Strings

Strings are arrays of characters that are terminated by the null character: 0 (equivalent to '\0'). By having this designated termination character, strings have greater flexibility than simple character arrays: the length of a string can change during the execution of the program (as long as it doesn't exceed the maximum amount of memory allocated to it.) Notice that this null termination character is not the same as the character zero, which is expressed as '0.' (Recall that single quotes are used for character constants.)

A string can be declared like this:

char myString[80];

'myString' can hold any string with length less than 80. (Remember that we need to reserve the last character for the null character.) So, we can write:

myString = "Hello. How are you?";

The length of this string is 19 characters, and 20 'slots' of the array are used to hold it. We can also express strings as pointers to characters, like this:

char *newString;

Now, 'newString' can be assigned the value of any other string. However, it cannot be assigned the value of a string that does not exist. For example:

newString = myString;

is valid. But,

newString = "this is a string";

is not. The reason is simple (but easily forgotten.) Memory must be allocated for a string, just like it must be allocated for any other data structure (such as a node of a tree.) Just as we could have mulitple pointers pointing to the same node in a linked list, we can have multiple character pointers pointing to the same string.

 

As an alternative to allocated memory for a string using an array declaration, we can also use 'malloc.' This gives us even greater flexibility: we can dynamically allocate memory for a string. We can allocate memory for our string, 'newString' like this:

newString = (char *)malloc(80);

The '(char *)' part of this exression 'casts' the type of memory allocated to be type 'char.' It is not completely necessary. In this expression, we allocated 80 bytes of memory to newString. (Recall that a character requires 1 byte of memory.) Instead of a constant value like 80, we could have used an integer variable (possibly the result of some other computation.) For example, if we wanted to make a copy of a string, we could calcuate its length, allocate that much memory (+1 for the null character) to a new pointer (of type char), and then copy the original string to the newly allocated memory of the pointer (character by character.)


One of the simplest things you can do with strings is read and write them. Actually, we've been using strings for a while now - whenever we've used 'printf().' The argument we pass to printf() is a string. Instead of passing the string as text enclosed by double quotes, we could also pass a string variable. Example:

printf("Hello. How are you?");

printf(myString);

Those two statements will print the same thing (as we've defined 'myString.') Another way to print the same statement is:

printf("%s", myString);

'%s' is the escape character for strings. Here are some other useful functions for reading and writing strings:


The <string.h> library provides many useful string functions. It's important to understand how they are implemented. Professor Sedgewick discusses the implementations in section 3.7 - in particular, see table 3.2. You should also look over appendix B of K&R for the definitions of the functions in the stdio, string, and stdlib C libraries.

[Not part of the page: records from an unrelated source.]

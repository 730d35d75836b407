-- ===== src/Experts/Leases/Moves.antt =====
-- `moveExpertLocked` and `makeRoomLocked` leave every leased expert in its place.
use hypermoe_engine.Base.{
  ℕ, zero, suc, ◌≡◌, refl, ◌&&◌, Option, none, some, List, ◌∷◌, arith, Bool-cases, Option-cases,
  inl, inr, ◌==◌, ==→eq, ltb, length,
}
use hypermoe_engine.Base.Outcome.{Outcome, ok, throws, runtime_error, is_runtime_error, out_of_fuel}
use hypermoe_engine.Base.Map.{lookup}
use hypermoe_engine.Base.Exec.{continue, ◌>>=◌}
use hypermoe_engine.Memory.Tier.{Tier, vram, ram, nvme, same}
use hypermoe_engine.Memory.Manager.{usage_for, available_bytes}
use hypermoe_engine.Cache.Policy.{CachePolicy}
use hypermoe_engine.Experts.State.{ManagedExpert, ExpertManager, Transfers, M, key, require_expert}
use hypermoe_engine.Experts.Steps.{Done, on_runtime_error, try, candidates_of}
use hypermoe_engine.Experts.Moves.{
  Room, Move, load_request, relocate, direct_load, move_on, move_by, move_warm, move_from,
  move_body, demote, expert_of, evict_victim, evict_one, room_loop, make_room, move_expert,
}
use hypermoe_engine.Experts.Leases.{
  Follows, Follows-same, Follows-refl, Follows-trans, Idle, Idle-Follows, Safe, Always, Safe-bind,
  Safe-if, Safe-raise, Safe-weaken,
}
use hypermoe_engine.Experts.Leases.Steps.{
  Quiet, Quiet-Safe, require-Quiet, reserve-Quiet, transfer-Quiet, guarded-Quiet, replace-Quiet,
  fetch-Quiet, place-Follows, unload-Follows, settle-Follows,
}

module _ {P : CachePolicy} where
  -- `e` is the expert of the key, and no lease holds it.
  pub record At (k : ℕ) (e : ManagedExpert) (s : ExpertManager P) : Type 0 where
    pub here : lookup k s.experts ≡ some e
    pub free : e.residency_leases ≡ 0

  pub At-Idle : {k : ℕ} {e : ManagedExpert} {s : ExpertManager P} → At k e s → Idle k s
  At-Idle {k} {e} a = record { expert = e; there = a.here; free = a.free }

  pub Quiet-then :
      {A B : Type 0} (k : ℕ) (e : ManagedExpert) (m : M P A) (f : A → M P B)
      → Quiet m
      → ((a : A) → Safe (At k e) (f a))
      → Safe (At k e) (m >>= f)
  Quiet-then {A} k e m f q h = record { at = λ s p. go (m s).0 s (m s).1 (q.at s) p }
    where
      go :
          (r : Outcome A) (s t : ExpertManager P)
          → t.experts ≡ s.experts
          → At k e s
          → Follows s (continue r f t).1
      go (ok a) s t same p =
          Follows-trans s t (f a t).1 (Follows-same s t same)
            ((h a).at t (record { here = rw same p.here; free = p.free }))
      go (throws x) s t same p = Follows-same s t same

  -- The expert that is read is the idle one.
  pub read_then :
      {B : Type 0} (layer id : ℕ) (f : ManagedExpert → M P B)
      → ((e : ManagedExpert) → Safe (At (key layer id) e) (f e))
      → Safe (Idle (key layer id)) (require_expert layer id >>= f)
  unfolding require_expert
  read_then layer id f h = record {
    at = λ s i.
        rw (i.there, require_expert) ((h i.expert).at s (record { here = i.there; free = i.free }));
  }

  abbrev pub done : (ExpertManager P → ExpertManager P) → M P Done
  done f s = (ok tt, f s)

  pub commit_Safe :
      (layer id : ℕ) (e : ManagedExpert) (f : ExpertManager P → ExpertManager P)
      → ((s : ExpertManager P) → At (key layer id) e s → Follows s (f s))
      → Safe (At (key layer id) e) (done f)
  commit_Safe layer id e f h = record { at = h }

module _ {P : CachePolicy} (room : Room P)
    (room_Safe : (t : Tier) (n : ℕ) (pinned : List ℕ) → Safe Always (room t n pinned)) where
  relocate-Safe :
      (layer id : ℕ) (source destination : Tier) (pinned : List ℕ)
      → Safe (Idle (key layer id)) (relocate room layer id source destination pinned)
  unfolding relocate
  relocate-Safe layer id source destination pinned =
      let k = key layer id in
      Safe-bind (Idle-Follows k) _ _ (Quiet-Safe _ (require-Quiet layer id)) λ e.
        Safe-bind (Idle-Follows k) _ _ (Safe-weaken (room_Safe destination _ pinned)) λ _.
          read_then layer id _ λ e'. Quiet-then k e' _ _ (reserve-Quiet destination _) λ a.
            Quiet-then k e' _ _ (guarded-Quiet a.id _ (fetch-Quiet e' source destination id)) λ p.
              Quiet-then k e' _ _ (replace-Quiet e'.allocation a.id) λ _.
                commit_Safe layer id e' _
                  λ s h. settle-Follows s layer id e' source destination a p h.here h.free

  direct_load-Safe :
      (t : Transfers) (layer id : ℕ) (pinned : List ℕ)
      → Safe (Idle (key layer id)) (direct_load t room layer id pinned)
  unfolding direct_load
  direct_load-Safe t layer id pinned =
      let k = key layer id in
      Safe-bind (Idle-Follows k) _ _ (Quiet-Safe _ (require-Quiet layer id)) λ e.
        Safe-bind (Idle-Follows k) _ _ (Safe-weaken (room_Safe ram _ pinned)) λ _.
          read_then layer id _ λ e'. Quiet-then k e' _ _ (reserve-Quiet ram _) λ a.
            Quiet-then k e' _ _ (transfer-Quiet t (load_request e' id)) λ r.
              Quiet-then k e' _ _ (guarded-Quiet a.id _ (record { at = λ s. refl })) λ b.
                Quiet-then k e' _ _ (replace-Quiet e'.allocation a.id) λ _.
                  commit_Safe layer id e' _
                    λ s h. place-Follows s s layer id e' ram (some a) _ refl h.here h.free

  move_on-Safe :
      (layer id : ℕ) (e : ManagedExpert) (destination : Tier) (pinned : List ℕ)
      → Safe (At (key layer id) e) (move_on room layer id e destination pinned)
  unfolding move_on
  move_on-Safe layer id e destination pinned =
      Safe-if (same destination nvme) _ _
        (record { at = λ s p. unload-Follows s layer id e e.metadata.location p.here p.free })
        (record {
          at = λ s p.
              (relocate-Safe layer id e.metadata.location destination pinned).at s (At-Idle p);
        })

  move_by-Safe :
      (o : Option Transfers) (layer id : ℕ) (e : ManagedExpert) (destination : Tier)
      (pinned : List ℕ)
      → Safe (At (key layer id) e) (move_by o room layer id e destination pinned)
  unfolding move_by
  move_by-Safe none layer id e destination pinned = move_on-Safe layer id e destination pinned
  move_by-Safe (some t) layer id e destination pinned =
      Safe-if (same e.metadata.location nvme && same destination ram) _ _
        (record { at = λ s p. (direct_load-Safe t layer id pinned).at s (At-Idle p) })
        (move_on-Safe layer id e destination pinned)

  move_warm-Safe :
      (layer id : ℕ) (e : ManagedExpert) (destination : Tier) (pinned : List ℕ)
      → Safe (At (key layer id) e) (move_warm room layer id e destination pinned)
  unfolding move_warm
  move_warm-Safe layer id e destination pinned = record {
    at = λ s p. (move_by-Safe s.transfers layer id e destination pinned).at s p;
  }

module _ {P : CachePolicy} (room : Room P) (again : Tier → M P Done)
    (room_Safe : (t : Tier) (n : ℕ) (pinned : List ℕ) → Safe Always (room t n pinned))
    (again_Safe : (t : Tier) → Safe Always (again t)) where
  Always-stable : (s t : ExpertManager P) → Follows s t → Always s → Always t
  Always-stable s t f a = tt

  move_from-Follows :
      (layer id : ℕ) (e : ManagedExpert) (destination : Tier) (pinned : List ℕ)
      (s : ExpertManager P)
      → lookup (key layer id) s.experts ≡ some e
      → Follows s (move_from room again layer id e destination pinned s).1
  unfolding move_from
  move_from-Follows layer id e destination pinned s here =
      elim (Bool-cases (same e.metadata.location destination)) [
        | inl stays ↦ rw stays (Follows-refl s)
        | inr moves ↦ rw moves (elim (Bool-cases (e.residency_leases == 0)) [
          | inr held ↦ rw held (Follows-refl s)
          | inl free ↦ rw free (
              (Safe-if {Pre = At (key layer id) e}
                  (same e.metadata.location nvme && same destination vram) _ _
                  (Safe-weaken
                    (Safe-bind Always-stable _ _ (again_Safe ram) (λ _. again_Safe vram)))
                  (move_warm-Safe room room_Safe layer id e destination pinned)).at
                s (record { here = here; free = ==→eq _ 0 free }))
        ])
      ]

  move_body-Safe :
      (layer id : ℕ) (destination : Tier) (pinned : List ℕ)
      → Safe Always (move_body room again layer id destination pinned)
  unfolding move_body require_expert
  move_body-Safe layer id destination pinned = record {
    at = λ s p. elim (Option-cases (lookup (key layer id) s.experts)) [
      | inl missing ↦ rw (missing, move_body, require_expert) (Follows-refl s)
      | inr (e, here) ↦
          rw (here, move_body, require_expert)
            (move_from-Follows layer id e destination pinned s here)
    ];
  }

module _ {P : CachePolicy} where
  pub expert_of-Quiet : (v : ℕ) → Quiet (expert_of {P = P} v)
  unfolding expert_of
  expert_of-Quiet v = record { at = λ s. ground arith }

  try-Safe :
      (m handler : M P Done) → Safe Always m → Safe Always handler → Safe Always (try m handler)
  unfolding try on_runtime_error
  try-Safe m handler hm hh = record { at = λ s p. go (m s).0 s (m s).1 (hm.at s tt) }
    where
      go :
          (r : Outcome Done) (s t : ExpertManager P)
          → Follows s t
          → Follows s (on_runtime_error handler r t).1
      go (ok d) s t f = f
      go (throws e) s t f = elim (Bool-cases (is_runtime_error e)) [
        | inl caught ↦ rw caught (Follows-trans s t (handler t).1 f (hh.at t tt))
        | inr other ↦ rw other f
      ]

module _ {P : CachePolicy} (move : Move P)
    (move_Safe : (layer id : ℕ) (t : Tier) (pinned : List ℕ)
      → Safe Always (move layer id t pinned)) where
  pub demote-Safe :
      (t : Tier) (e : ManagedExpert) (pinned : List ℕ) → Safe Always (demote move t e pinned)
  unfolding demote
  demote-Safe t e pinned =
      Safe-if (same t vram) _ _
        (try-Safe _ _ (move_Safe e.metadata.layer e.metadata.id ram pinned)
          (move_Safe e.metadata.layer e.metadata.id nvme pinned))
        (move_Safe e.metadata.layer e.metadata.id nvme pinned)

  evict_victim-Safe :
      (t : Tier) (pinned : List ℕ) (v : Option ℕ) → Safe Always (evict_victim move t pinned v)
  unfolding evict_victim
  evict_victim-Safe t pinned none = Safe-raise runtime_error
  evict_victim-Safe t pinned (some v) =
      Safe-bind (λ s t _ _. tt) _ _ (Quiet-Safe _ (expert_of-Quiet v))
        λ e. demote-Safe t e (v ∷ pinned)

  evict_one-Safe : (t : Tier) (pinned : List ℕ) → Safe Always (evict_one move t pinned)
  unfolding evict_one
  evict_one-Safe t pinned = record {
    at = λ s p.
        (evict_victim-Safe t pinned
            (P.select_victim s.policy t (candidates_of t s.experts) pinned)).at
          s tt;
  }

  room_loop-Safe :
      (f : ℕ) (t : Tier) (n : ℕ) (pinned : List ℕ) → Safe Always (room_loop move f t n pinned)
  unfolding room_loop
  room_loop-Safe zero t n pinned = Safe-raise out_of_fuel
  room_loop-Safe (suc f) t n pinned = record {
    at = λ s p. elim (Bool-cases (ltb (available_bytes (usage_for s.memory t)) n)) [
      | inl full ↦ rw full (
          (Safe-bind (λ s t _ _. tt) _ _ (evict_one-Safe t pinned)
              (λ _. room_loop-Safe f t n pinned)).at
            s tt)
      | inr roomy ↦ rw roomy (Follows-refl s)
    ];
  }

  pub make_room-Safe :
      (t : Tier) (n : ℕ) (pinned : List ℕ) → Safe Always (make_room move t n pinned)
  unfolding make_room
  make_room-Safe t n pinned = record {
    at = λ s p. elim (Bool-cases (same t nvme)) [
      | inl cold ↦ rw cold (Follows-refl s)
      | inr warm ↦ rw warm (elim (Bool-cases (ltb (usage_for s.memory t).limit_bytes n)) [
        | inl large ↦ rw large (Follows-refl s)
        | inr fits ↦ rw fits ((room_loop-Safe (suc (length s.experts)) t n pinned).at s tt)
      ])
    ];
  }

module _ {P : CachePolicy} where
  -- A move, at any depth, leaves every leased expert in its place.
  pub move_expert-Safe :
      (d layer id : ℕ) (t : Tier) (pinned : List ℕ)
      → Safe Always (move_expert {P = P} d layer id t pinned)
  unfolding move_expert
  move_expert-Safe zero layer id t pinned = Safe-raise out_of_fuel
  move_expert-Safe (suc d) layer id t pinned =
      move_body-Safe (make_room (move_expert d)) (λ u. move_expert d layer id u pinned)
        (make_room-Safe (move_expert d) (move_expert-Safe d))
        (λ u. move_expert-Safe d layer id u pinned) layer id t pinned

Notice, also, how these functions could be implemented using either pointer or array notation. Understanding this equivalence will make programming with strings easier for you.

You won't necessarily need to use any of these string library functions in your programs. Nevertheless, they are good examples of simple functions which operate on strings. You should be able to write the code for any of them by yourself.


Arrays of strings

It is often useful to store strings in arrays. The following code creates a 20-item array of strings (actually, pointers to characters.)

char *myStrings[20];

Notice that you haven't allocated any memory for your strings, yet. So,

myStrings[1] = "hello";

is illegal. You can use malloc to allocate memory for any of the strings in the array. Or, you can just assign the string variables to a pre-existing string, like this:

myStrings[0] = myString;

(where 'myString' is defined as above.) What this assignment does is set 'myStrings[0]' to point to the string 'myString.' It does not make a new copy of the string. An alternative way to initialize elements of an array of strings is like this:

char *p[] = {
   "one string",
   "another",
   "one more"
};

This code creates an array 'p' that has three strings. A reference to p[1] (for example) will return the string &quoteanother"e;. If we want to reference a particular string in the array, we use the & operator. For example, to reassign our string from above, 'myString,' to one of the values of the array, we would write:

myString = &p[0];

Now, myString is the string "one string". Review pointers if this doesn't make sense to you! Also, to make sure that you understand strings, please review program 3.15 in Sedgewick.